====== RECORDS SHOWN ======

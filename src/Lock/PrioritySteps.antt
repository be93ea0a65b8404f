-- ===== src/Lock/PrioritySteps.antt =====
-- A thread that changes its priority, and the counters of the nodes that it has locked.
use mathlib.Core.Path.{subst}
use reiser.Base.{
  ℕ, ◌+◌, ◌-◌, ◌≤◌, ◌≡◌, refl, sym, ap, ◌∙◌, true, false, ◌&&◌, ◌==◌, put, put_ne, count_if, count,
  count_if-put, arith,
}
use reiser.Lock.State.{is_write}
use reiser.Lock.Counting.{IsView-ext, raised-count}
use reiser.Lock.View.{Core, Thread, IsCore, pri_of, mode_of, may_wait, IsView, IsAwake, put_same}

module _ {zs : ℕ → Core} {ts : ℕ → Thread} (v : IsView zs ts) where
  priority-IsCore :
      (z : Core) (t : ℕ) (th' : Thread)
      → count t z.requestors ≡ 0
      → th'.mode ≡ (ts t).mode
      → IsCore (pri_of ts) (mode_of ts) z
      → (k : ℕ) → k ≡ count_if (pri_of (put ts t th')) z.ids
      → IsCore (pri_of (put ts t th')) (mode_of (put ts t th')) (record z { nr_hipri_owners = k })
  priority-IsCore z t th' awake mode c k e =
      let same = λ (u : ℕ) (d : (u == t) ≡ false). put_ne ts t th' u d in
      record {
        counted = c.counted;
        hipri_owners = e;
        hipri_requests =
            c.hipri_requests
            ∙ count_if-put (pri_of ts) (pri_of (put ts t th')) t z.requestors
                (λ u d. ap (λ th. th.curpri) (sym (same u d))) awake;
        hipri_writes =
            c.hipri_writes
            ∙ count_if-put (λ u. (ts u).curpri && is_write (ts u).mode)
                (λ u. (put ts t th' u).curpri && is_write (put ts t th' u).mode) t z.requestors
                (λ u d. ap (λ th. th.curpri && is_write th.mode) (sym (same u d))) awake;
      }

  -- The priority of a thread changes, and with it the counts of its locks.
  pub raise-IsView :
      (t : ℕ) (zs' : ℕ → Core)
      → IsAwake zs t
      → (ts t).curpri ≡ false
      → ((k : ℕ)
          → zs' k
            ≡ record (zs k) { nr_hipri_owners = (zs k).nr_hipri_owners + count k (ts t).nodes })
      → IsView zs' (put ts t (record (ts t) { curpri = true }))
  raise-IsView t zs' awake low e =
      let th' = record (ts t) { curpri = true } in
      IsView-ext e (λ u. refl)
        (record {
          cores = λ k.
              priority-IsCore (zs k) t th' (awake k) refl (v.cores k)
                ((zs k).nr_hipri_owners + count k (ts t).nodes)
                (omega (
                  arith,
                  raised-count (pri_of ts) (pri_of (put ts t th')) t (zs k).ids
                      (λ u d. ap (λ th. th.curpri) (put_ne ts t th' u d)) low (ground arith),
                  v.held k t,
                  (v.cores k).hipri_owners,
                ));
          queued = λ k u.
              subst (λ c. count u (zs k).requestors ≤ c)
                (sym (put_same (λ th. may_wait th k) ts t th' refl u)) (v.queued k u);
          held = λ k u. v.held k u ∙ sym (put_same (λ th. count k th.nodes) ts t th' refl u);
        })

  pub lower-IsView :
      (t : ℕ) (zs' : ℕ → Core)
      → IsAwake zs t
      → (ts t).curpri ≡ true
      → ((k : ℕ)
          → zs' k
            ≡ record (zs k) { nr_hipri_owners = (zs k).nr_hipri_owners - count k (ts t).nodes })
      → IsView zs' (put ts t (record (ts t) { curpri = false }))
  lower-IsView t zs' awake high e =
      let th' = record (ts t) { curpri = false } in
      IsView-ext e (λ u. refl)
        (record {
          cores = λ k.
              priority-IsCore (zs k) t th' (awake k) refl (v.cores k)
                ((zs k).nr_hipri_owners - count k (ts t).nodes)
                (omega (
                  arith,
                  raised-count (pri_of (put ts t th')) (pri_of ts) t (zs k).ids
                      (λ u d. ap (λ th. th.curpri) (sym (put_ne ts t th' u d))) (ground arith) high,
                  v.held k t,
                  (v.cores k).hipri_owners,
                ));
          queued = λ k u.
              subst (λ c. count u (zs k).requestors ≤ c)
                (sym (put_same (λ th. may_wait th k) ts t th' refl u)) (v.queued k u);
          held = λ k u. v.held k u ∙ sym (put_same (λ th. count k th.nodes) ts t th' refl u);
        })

======

● WHAT YOU NEED TO DO:
Return the material exactly as it stands.

● TASK ANSWER:
filename src/Lock/PrioritySteps.antt
repository be93ea0a65b8404f
-- ===== src/Lock/PrioritySteps.antt =====
-- A thread that changes its priority, and the counters of the nodes that it has locked.
use mathlib.Core.Path.{subst}
use reiser.Base.{
  ℕ, ◌+◌, ◌-◌, ◌≤◌, ◌≡◌, refl, sym, ap, ◌∙◌, true, false, ◌&&◌, ◌==◌, put, put_ne, count_if, count,
  count_if-put, arith,
}
use reiser.Lock.State.{is_write}
use reiser.Lock.Counting.{IsView-ext, raised-count}
use reiser.Lock.View.{Core, Thread, IsCore, pri_of, mode_of, may_wait, IsView, IsAwake, put_same}

module _ {zs : ℕ → Core} {ts : ℕ → Thread} (v : IsView zs ts) where
  priority-IsCore :
      (z : Core) (t : ℕ) (th' : Thread)
      → count t z.requestors ≡ 0
      → th'.mode ≡ (ts t).mode
      → IsCore (pri_of ts) (mode_of ts) z
      → (k : ℕ) → k ≡ count_if (pri_of (put ts t th')) z.ids
      → IsCore (pri_of (put ts t th')) (mode_of (put ts t th')) (record z { nr_hipri_owners = k })
  priority-IsCore z t th' awake mode c k e =
      let same = λ (u : ℕ) (d : (u == t) ≡ false). put_ne ts t th' u d in
      record {
        counted = c.counted;
        hipri_owners = e;
        hipri_requests =
            c.hipri_requests
            ∙ count_if-put (pri_of ts) (pri_of (put ts t th')) t z.requestors
                (λ u d. ap (λ th. th.curpri) (sym (same u d))) awake;
        hipri_writes =
            c.hipri_writes
            ∙ count_if-put (λ u. (ts u).curpri && is_write (ts u).mode)
                (λ u. (put ts t th' u).curpri && is_write (put ts t th' u).mode) t z.requestors
                (λ u d. ap (λ th. th.curpri && is_write th.mode) (sym (same u d))) awake;
      }

  -- The priority of a thread changes, and with it the counts of its locks.
  pub raise-IsView :
      (t : ℕ) (zs' : ℕ → Core)
      → IsAwake zs t
      → (ts t).curpri ≡ false
      → ((k : ℕ)
          → zs' k
            ≡ record (zs k) { nr_hipri_owners = (zs k).nr_hipri_owners + count k (ts t).nodes })
      → IsView zs' (put ts t (record (ts t) { curpri = true }))
  raise-IsView t zs' awake low e =
      let th' = record (ts t) { curpri = true } in
      IsView-ext e (λ u. refl)
        (record {
          cores = λ k.
              priority-IsCore (zs k) t th' (awake k) refl (v.cores k)
                ((zs k).nr_hipri_owners + count k (ts t).nodes)
                (omega (
                  arith,
                  raised-count (pri_of ts) (pri_of (put ts t th')) t (zs k).ids
                      (λ u d. ap (λ th. th.curpri) (put_ne ts t th' u d)) low (ground arith),
                  v.held k t,
                  (v.cores k).hipri_owners,
                ));
          queued = λ k u.
              subst (λ c. count u (zs k).requestors ≤ c)
                (sym (put_same (λ th. may_wait th k) ts t th' refl u)) (v.queued k u);
          held = λ k u. v.held k u ∙ sym (put_same (λ th. count k th.nodes) ts t th' refl u);
        })

  pub lower-IsView :
      (t : ℕ) (zs' : ℕ → Core)
      → IsAwake zs t
      → (ts t).curpri ≡ true
      → ((k : ℕ)
          → zs' k
            ≡ record (zs k) { nr_hipri_owners = (zs k).nr_hipri_owners - count k (ts t).nodes })
      → IsView zs' (put ts t (record (ts t) { curpri = false }))
  lower-IsView t zs' awake high e =
      let th' = record (ts t) { curpri = false } in
      IsView-ext e (λ u. refl)
        (record {
          cores = λ k.
              priority-IsCore (zs k) t th' (awake k) refl (v.cores k)
                ((zs k).nr_hipri_owners - count k (ts t).nodes)
                (omega (
                  arith,
                  raised-count (pri_of (put ts t th')) (pri_of ts) t (zs k).ids
                      (λ u d. ap (λ th. th.curpri) (sym (put_ne ts t th' u d))) (ground arith) high,
                  v.held k t,
                  (v.cores k).hipri_owners,
                ));
          queued = λ k u.
              subst (λ c. count u (zs k).requestors ≤ c)
                (sym (put_same (λ th. may_wait th k) ts t th' refl u)) (v.queued k u);
          held = λ k u. v.held k u ∙ sym (put_same (λ th. count k th.nodes) ts t th' refl u);
        })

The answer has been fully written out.